Profit = Price – Cost

This is often referred to as the “cost-minus” principle because the company can only increase profit through cost reduction. Cost reduction in a manufacturing environment occurs through the elimination of waste. Waste can be defined as something for which the customer is not willing to pay; it is a non-value adding activity. The elimination of such activities shortens the lead time, so value is delivered to the customer faster and with less effort.


The goals of six sigma:

  • Improved Customer Satisfaction
  • Defect Reduction
  • Reduction in Variation
  • Yield Improvement
  • Higher Operating Income
  • Improved Process Capability
  • Target 6 sigma standards
  • Constant measurement
    Defeat the Competition
  • Breakthrough improvements

Six-Sigma Objectives Are Directly and Quantifiably Connected to the Objectives of the Business.

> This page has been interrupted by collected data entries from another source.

-- ===== src/Core/Connect/Rules.antt =====
-- Which task an active pair gives: `rule_match` and the two loops of `connect_active_pair`.
use inet_forth.Net.{PrincipalWire, Rule, Heap}
use inet_forth.Core.{Task, Program}
use inet_forth.Core.Connect.{rule_match, first_match, connect_active_pair, or_else}
use inet_forth.Base.{
  Bool-cases, List, Option, [], arith, false, if◌then◌else◌, inl, inr, none, ok, refl, some, update,
  ℕ, ◌&&◌, ◌++◌, ◌==◌, ◌∷◌, ◌≡◌, ◌≢◌, ◌⊎◌,
}

abbrev pub Among : Rule → List Rule → Type 0
Among r [] = ⊥
Among r (x ∷ xs) = (r ≡ x) ⊎ Among r xs

-- The rule is for nodes of these two constructors, in this order.
abbrev pub IsFor : Rule → (lc rc : ℕ) → Type 0
IsFor r lc rc = (r.left_node_ctor ≡ lc) × (r.right_node_ctor ≡ rc)

-- The task pairs the two wires in the order of its rule.
abbrev pub Fits : Task → (left right lc rc : ℕ) → Type 0
Fits t left right lc rc =
    ((t.left ≡ left) × (t.right ≡ right) × IsFor t.rule lc rc)
    ⊎ ((t.left ≡ right) × (t.right ≡ left) × IsFor t.rule rc lc)

-- A task stands for a listed rule that fits; no task means that no listed rule fits, in either order.
abbrev pub Chosen : List Rule → (left right lc rc : ℕ) → Option Task → Type 0
Chosen rules left right lc rc none =
    (r : Rule) → Among r rules → (¬ IsFor r lc rc) × (¬ IsFor r rc lc)
Chosen rules left right lc rc (some t) = Among t.rule rules × Fits t left right lc rc

Among-append_left : (r : Rule) (xs ys : List Rule) → Among r xs → Among r (xs ++ ys)
Among-append_left r [] ys h = elim h [ ]
Among-append_left r (x ∷ xs) ys (inl e) = inl e
Among-append_left r (x ∷ xs) ys (inr h) = inr (Among-append_left r xs ys h)

Among-append_right : (r : Rule) (xs ys : List Rule) → Among r ys → Among r (xs ++ ys)
Among-append_right r [] ys h = h
Among-append_right r (x ∷ xs) ys h = inr (Among-append_right r xs ys h)

Among-append_cases : (r : Rule) (xs ys : List Rule) → Among r (xs ++ ys) → Among r xs ⊎ Among r ys
Among-append_cases r [] ys h = inr h
Among-append_cases r (x ∷ xs) ys (inl e) = inl (inl e)
Among-append_cases r (x ∷ xs) ys (inr h) = elim (Among-append_cases r xs ys h) [
  | inl a ↦ inl (inr a)
  | inr b ↦ inr b
]

module _ (left right lc rc : ℕ) where
  only :
      (r : Rule)
      → (r.left_node_ctor == lc && r.right_node_ctor == rc) ≡ false
      → (r.left_node_ctor == rc && r.right_node_ctor == lc) ≡ false
      → (x : Rule) → Among x (r ∷ [])
      → (¬ IsFor x lc rc) × (¬ IsFor x rc lc)
  only r e e' x (inl i) = ((λ k. ground arith), (λ k. ground arith))
  only r e e' x (inr i) = absurd i

  rule_match-Chosen : (r : Rule) → Chosen (r ∷ []) left right lc rc (rule_match r left right lc rc)
  unfolding rule_match
  rule_match-Chosen r = elim (Bool-cases (r.left_node_ctor == lc && r.right_node_ctor == rc)) [
    | inl e ↦ rw (e, rule_match) (inl refl, inl (refl, refl, (ground arith, ground arith)))
    | inr e ↦ elim (Bool-cases (r.left_node_ctor == rc && r.right_node_ctor == lc)) [
      | inl e' ↦ rw (e, e', rule_match) (inl refl, inr (refl, refl, (ground arith, ground arith)))
      | inr e' ↦ rw (e, e', rule_match) (only r e e')
    ]
  ]

  Chosen-append :
      (xs ys : List Rule) (a b : Option Task)
      → Chosen xs left right lc rc a
      → Chosen ys left right lc rc b
      → Chosen (xs ++ ys) left right lc rc (or_else a b)
  Chosen-append xs ys (some t) b (m, f) k = (Among-append_left t.rule xs ys m, f)
  Chosen-append xs ys none (some t) h (m, f) = (Among-append_right t.rule xs ys m, f)
  Chosen-append xs ys none none h k =
      λ r m. elim (Among-append_cases r xs ys m) [ inl a ↦ h r a | inr b ↦ k r b ]

  first_match-Chosen :
      (rules : List Rule) → Chosen rules left right lc rc (first_match rules left right lc rc)
  unfolding first_match
  first_match-Chosen [] = λ r m. absurd m
  first_match-Chosen (r ∷ rules) =
      Chosen-append (r ∷ []) rules (rule_match r left right lc rc)
        (first_match rules left right lc rc) (rule_match-Chosen r) (first_match-Chosen rules)

-- What `connect_active_pair` leaves behind: the two wires name each other, and nothing else moved.
pub record Linked (h : Heap) (left right : ℕ) (a b : PrincipalWire) (g : Heap) : Type 0 where
  pub principals :
      (q : ℕ)
      → g.principal_wires q ≡ (
          if right == q
          then some (record b { oppsite = some left })
          else if left == q
          then some (record a { oppsite = some right })
          else h.principal_wires q)
  pub nodes : g.nodes ≡ h.nodes
  pub wires : g.wires ≡ h.wires

-- Two different principal wires of live nodes always make an active pair: they become each
-- other's opposite, no other wire or node changes, and a task is found exactly when a rule of one
-- of the two constructors is for them; it then holds the wires in the order of that rule.
pub connect_active_pair_lem :
    (p : Program) (h : Heap) (left right lc rc : ℕ) (a b : PrincipalWire)
    → left ≢ right
    → h.principal_wires left ≡ some a
    → h.principal_wires right ≡ some b
    → (h.nodes a.node).ctor ≡ some lc
    → (h.nodes b.node).ctor ≡ some rc
    → (o : Option Task) × (g : Heap) × (connect_active_pair p h left right ≡ ok (o, g))
      × Linked h left right a b g
      × Chosen ((p.ctors lc).rule_array ++ (p.ctors rc).rule_array) left right lc rc o
unfolding connect_active_pair
connect_active_pair_lem p h left right lc rc a b ne ea eb ca cb = (
  or_else (first_match (p.ctors lc).rule_array left right lc rc)
      (first_match (p.ctors rc).rule_array left right lc rc),
  record h {
    principal_wires =
        update (update h.principal_wires left (some (record a { oppsite = some right }))) right
          (some (record b { oppsite = some left }));
  },
  ground arith,
  record { principals = λ q. ground arith; nodes = refl; wires = refl },
  Chosen-append left right lc rc (p.ctors lc).rule_array (p.ctors rc).rule_array
      (first_match (p.ctors lc).rule_array left right lc rc)
      (first_match (p.ctors rc).rule_array left right lc rc)
      (first_match-Chosen left right lc rc (p.ctors lc).rule_array)
      (first_match-Chosen left right lc rc (p.ctors rc).rule_array),
)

The many facets of Six Sigma:

  • Sigma is a letter in the Greek alphabet.
  • The term “sigma” is used to designate the distribution or spread about the mean (average) of any process or product characteristic.
  • For a business or manufacturing process, the sigma value 6 is a metric that indicates how well that process is performing. The higher the sigma value, the better. Sigma measures the capability of the process to perform defect-free-work. A defect is anything that may result in customer dissatisfaction.
  • With six sigma, the common measurement index is “defects per unit”, where a unit can be virtually anything — a component, piece of material, line of code, administrative form, time frame, distance, etc.
  • The sigma value indicates how often defects are likely to occur. The higher the sigma value, the less likely a process will produce defects. As sigma increases, costs go down, cycle time goes down, and customer satisfaction goes up.

So where did Six Sigma start and who else uses it?

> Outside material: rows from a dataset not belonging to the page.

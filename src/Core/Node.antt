-- ===== src/Core/Node.antt =====
-- src/core/worker_reconnect_node.c and worker_disconnect_node.c, and the node functions of
-- worker.c: wiring a new node to the values on the stack, and taking a node of an active pair apart.
use inet_forth.Net.{
  Value, word, node_ctor, function, primitive, wire, principal_wire, PrincipalWire, Heap, NodeCtor,
  arity, Node, load, node_clean, node_set_value, node_get_value, node_get_port_info,
  principal_wire_new, principal_wire_destroy, wire_new,
}
use inet_forth.Net.NodeAllocator.{alone, node_allocator_allocate, allocator_free}
use inet_forth.Core.{Task, Worker, Program, stack_pop, stack_push, worker_add_task}
use inet_forth.Core.Connect.{connect}
pub mod Stacks
pub mod Ports
use inet_forth.Base.{
  Bool, Option, Result, [], assertion, err, false, if◌then◌else◌, none, ok, some, suc, true, update,
  zero, ℕ, ◌+◌, ◌>>=◌, ◌∷◌, ◌>>◌,
}

-- `node_allocator_allocate` marks the node; then `node->ctor = ctor`. The worker of this model runs alone
-- here, and one round is enough (see `Net.NodeAllocator.Interleaved`, also for other workers).
unfoldable pub worker_new_node : Worker → ℕ → Result (ℕ × Worker)
unfolding node_allocator_allocate
worker_new_node w ctor = do
  (n, (a, held), own) ←
      node_allocator_allocate (alone ∷ []) (w.node_allocator, []) w.free_node_stack
  let cell : Node = w.heap.nodes n
  let h = w.heap
  ok (
    n,
    record w {
      node_allocator = a;
      free_node_stack = own;
      heap = record h {
        nodes = update h.nodes n (record cell { ctor = some ctor; is_allocated = true });
      };
    },
  )

-- `node_clean`, which `node_allocator_recycle` repeats, and `allocator_recycle`.
unfoldable pub worker_recycle_node : Worker → ℕ → Result Worker
unfolding allocator_free node_clean
worker_recycle_node w n = do
  (a, own) ← allocator_free w.node_allocator w.free_node_stack n
  ok (record w { node_allocator = a; free_node_stack = own; heap = node_clean w.heap n })

-- What `is_principal_wire` says of a value that is not null.
abbrev pub is_principal_wire : Value → Bool
is_principal_wire (principal_wire p) = true
is_principal_wire _ = false

unfoldable pub reconnect_input :
    Program → Heap → (node index : ℕ) → Value → Result (Option Task × Heap)
unfolding node_get_port_info principal_wire_new node_set_value wire_new connect
reconnect_input p h node index value = do
  port_info ← node_get_port_info p.ctors h node index
  if port_info.is_principal
      then (do
        let (q, h₁) = principal_wire_new h node index
        h₂ ← node_set_value h₁ node index (principal_wire q)
        connect p h₂ (principal_wire q) value)
      else if is_principal_wire value
      then (do
        let (x, h₁) = wire_new h
        h₂ ← node_set_value h₁ node index (wire x)
        connect p h₂ (wire x) value)
      else (do h₁ ← node_set_value h node index value; ok (none, h₁))

unfoldable pub reconnect_output : Program → Heap → (node index : ℕ) → Result (Value × Heap)
unfolding node_get_port_info principal_wire_new node_set_value wire_new
reconnect_output p h node index = do
  port_info ← node_get_port_info p.ctors h node index
  if port_info.is_principal
      then (do
        let (q, h₁) = principal_wire_new h node index
        h₂ ← node_set_value h₁ node index (principal_wire q)
        ok (principal_wire q, h₂))
      else (do
        let (x, h₁) = wire_new h
        h₂ ← node_set_value h₁ node index (wire x)
        ok (wire x, h₂))

-- `if (task) { assert(!found_task); found_task = task; }`
unfoldable pub keep_task : (found : Option Task) → Option Task → Result (Option Task)
keep_task found none = ok found
keep_task none (some t) = ok (some t)
keep_task (some _) (some t) = err assertion

-- The loop over the inputs, from the last port to the first.
unfoldable pub reconnect_inputs :
    Program → Worker → (node : ℕ) → Option Task → ℕ → Result (Option Task × Worker)
unfolding stack_pop reconnect_input keep_task
reconnect_inputs p w node found zero = ok (found, w)
reconnect_inputs p w node found (suc index) = do
  (value, w₁) ← stack_pop w
  (task, h) ← reconnect_input p w₁.heap node index value
  found' ← keep_task found task
  reconnect_inputs p (record w₁ { heap = h }) node found' index

-- The loop over the outputs, from the first port to the last.
unfoldable pub reconnect_outputs : Program → Worker → (node : ℕ) → (count index : ℕ) → Result Worker
unfolding reconnect_output stack_push
reconnect_outputs p w node zero index = ok w
reconnect_outputs p w node (suc count) index = do
  (value, h) ← reconnect_output p w.heap node index
  reconnect_outputs p (stack_push (record w { heap = h }) value) node count (index + 1)

abbrev pub add_found : Worker → Option Task → Worker
add_found w none = w
add_found w (some t) = worker_add_task w t

unfoldable pub worker_reconnect_node : Program → Worker → (node : ℕ) → Result Worker
unfolding reconnect_inputs reconnect_outputs worker_add_task
worker_reconnect_node p w node = do
  c ← load (w.heap.nodes node).ctor
  (found, w₁) ← reconnect_inputs p w node none (p.ctors c).input_arity
  w₂ ← reconnect_outputs p w₁ node (p.ctors c).output_arity (p.ctors c).input_arity
  ok (add_found w₂ found)

-- A principal wire is freed; any other value goes to the stack. `is_principal_wire` reads the
-- object's `spec`, a fault where the wire was freed. `NULL` would be pushed as it is, and nothing reads
-- it back but a fault, so it is a fault here.
unfoldable pub release_port : Worker → Value → Result Worker
unfolding stack_push principal_wire_destroy
release_port w (principal_wire q) = do
  h ← principal_wire_destroy w.heap q
  ok (record w { heap = h })
release_port w (wire x) = load (w.heap.wires x) >>= λ _. ok (stack_push w (wire x))
release_port w v = ok (stack_push w v)

unfoldable pub disconnect_ports : Worker → (node count index : ℕ) → Result Worker
unfolding node_get_value release_port
disconnect_ports w node zero index = ok w
disconnect_ports w node (suc count) index = do
  v ← node_get_value w.heap node index
  x ← load v
  w₁ ← release_port w x
  disconnect_ports w₁ node count (index + 1)

unfoldable pub worker_disconnect_node : Program → Worker → (node : ℕ) → Result Worker
unfolding disconnect_ports worker_recycle_node
worker_disconnect_node p w node = do
  c ← load (w.heap.nodes node).ctor
  w₁ ← disconnect_ports w node (arity (p.ctors c)) 0
  worker_recycle_node w₁ node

  • Motorola (1987 First coined the phrase ‘Six Sigma’)
  • Texas Instruments – (1988)
  • ABB (ASEA Brown Boveri) – (1993)
  • AlliedSignal – (1994)
  • General Electric – (1995)

Why is this NOT a past tense statement?

Because this is a continuous process

We Are Not Pioneers, We Can Learn From What Others Have Done and the mistakes they have made.

The biggest lesson we can learn is that individually ‘Lean’ and ‘Six Sigma’ are very powerful tools – However, when they are used effectively, together, that power is exponentially increased.